Малышку Мартин, которую только что выпустили. Она улыбается мне, я ей — Куда теперь? — спрашиваю я. — Домой, в Швейцарию? — Я подхожу к ней с игривой улыбкой. — Может быть, пообедаем вместе? А потом можно сходить в одну уютную квартирку, где есть очень поучительные японские эстампы…
Она смеется.
— Вы никогда не изменитесь!
— Очень надеюсь, что нет…
Мы выходим из конторы и уже садимся в мою машину, когда я слышу, что меня зовут. Поднимаю голову и вижу Берю, красного и небритого, высунувшегося из окна третьего этажа.

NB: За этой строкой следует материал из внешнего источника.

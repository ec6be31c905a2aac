-- ===== src/Deadlock/WaitFor.antt =====
-- The wait-for relation of the resource graph of src/deadlock.c, its paths, and the processes from
-- which every path ends.
use fleetos.Base.{ℕ, ◌<◌, ◌≡◌, ◌≢◌, refl, sym, subst, true, pos, arith, lt→ltb}
use fleetos.Sync.{max_procs}
use fleetos.Deadlock.{ResourceGraph, num_resources, is_active}

-- `p` has asked for something that the active process `q` holds.
pub record WaitsFor (g : ResourceGraph) (p q : ℕ) : Type 0 where
  pub resource : ℕ
  pub is_resource : resource < num_resources
  pub asked : 0 < g.request p resource
  pub in_table : q < max_procs
  pub is_alive : g.active q ≡ true
  pub other : q ≢ p
  pub holds : 0 < g.allocation q resource

pub data WaitPath (g : ResourceGraph) : ℕ → ℕ → Type 0 where
  last : {p q : ℕ} → WaitsFor g p q → WaitPath g p q
  via : {p q s : ℕ} → WaitsFor g p q → WaitPath g q s → WaitPath g p s

-- Every path from `p` ends.
pub data Safe (g : ResourceGraph) : ℕ → Type 0 where
  safe : {p : ℕ} → ((q : ℕ) → WaitsFor g p q → Safe g q) → Safe g p

pub extend : {g : ResourceGraph} {p q s : ℕ} → WaitPath g p q → WaitsFor g q s → WaitPath g p s
extend (last e) d = via e (last d)
extend (via e path) d = via e (extend path d)

pub join : {g : ResourceGraph} {p q s : ℕ} → WaitPath g p q → WaitPath g q s → WaitPath g p s
join (last e) more = via e more
join (via e path) more = via e (join path more)

pub path_end :
    {g : ResourceGraph} {p q : ℕ} → WaitPath g p q → (q < max_procs) × (g.active q ≡ true)
path_end (last e) = (e.in_table, e.is_alive)
path_end (via e path) = path_end path

-- No path from a safe process comes back to it.
pub Safe-acyclic : {g : ResourceGraph} {p q : ℕ} → Safe g p → WaitPath g p q → q ≢ p
Safe-acyclic {g} {p} {q} (safe h) (last e) same =
    Safe-acyclic (h q e) (last (subst (λ x. WaitsFor g x q) (sym same) e)) refl
Safe-acyclic {g} {p} {q} (safe h) (via {q = m} e path) same =
    Safe-acyclic (h m e) (extend path (subst (λ x. WaitsFor g x m) (sym same) e)) refl

pub is_active_lem : (g : ResourceGraph) (q : ℕ) → q < max_procs → is_active g (pos q) ≡ g.active q
unfolding is_active
is_active_lem g q h = ground (arith, lt→ltb q max_procs h)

— Ты уходишь? — спрашивает он.
— Да. А что?
Толстяк вытирает лоб черной тряпкой, которая когда-то была платком в клеточку.
— Я насчет нашего клиента, — говорит он — Какого клиента?
— Доктора Минивье…
У меня отнимаются ноги. Господи, я ж про него забыл!
— Я со вчерашнего дня бью ему морду, — сообщает Толстяк, — а он не колется. Мне продолжать массаж?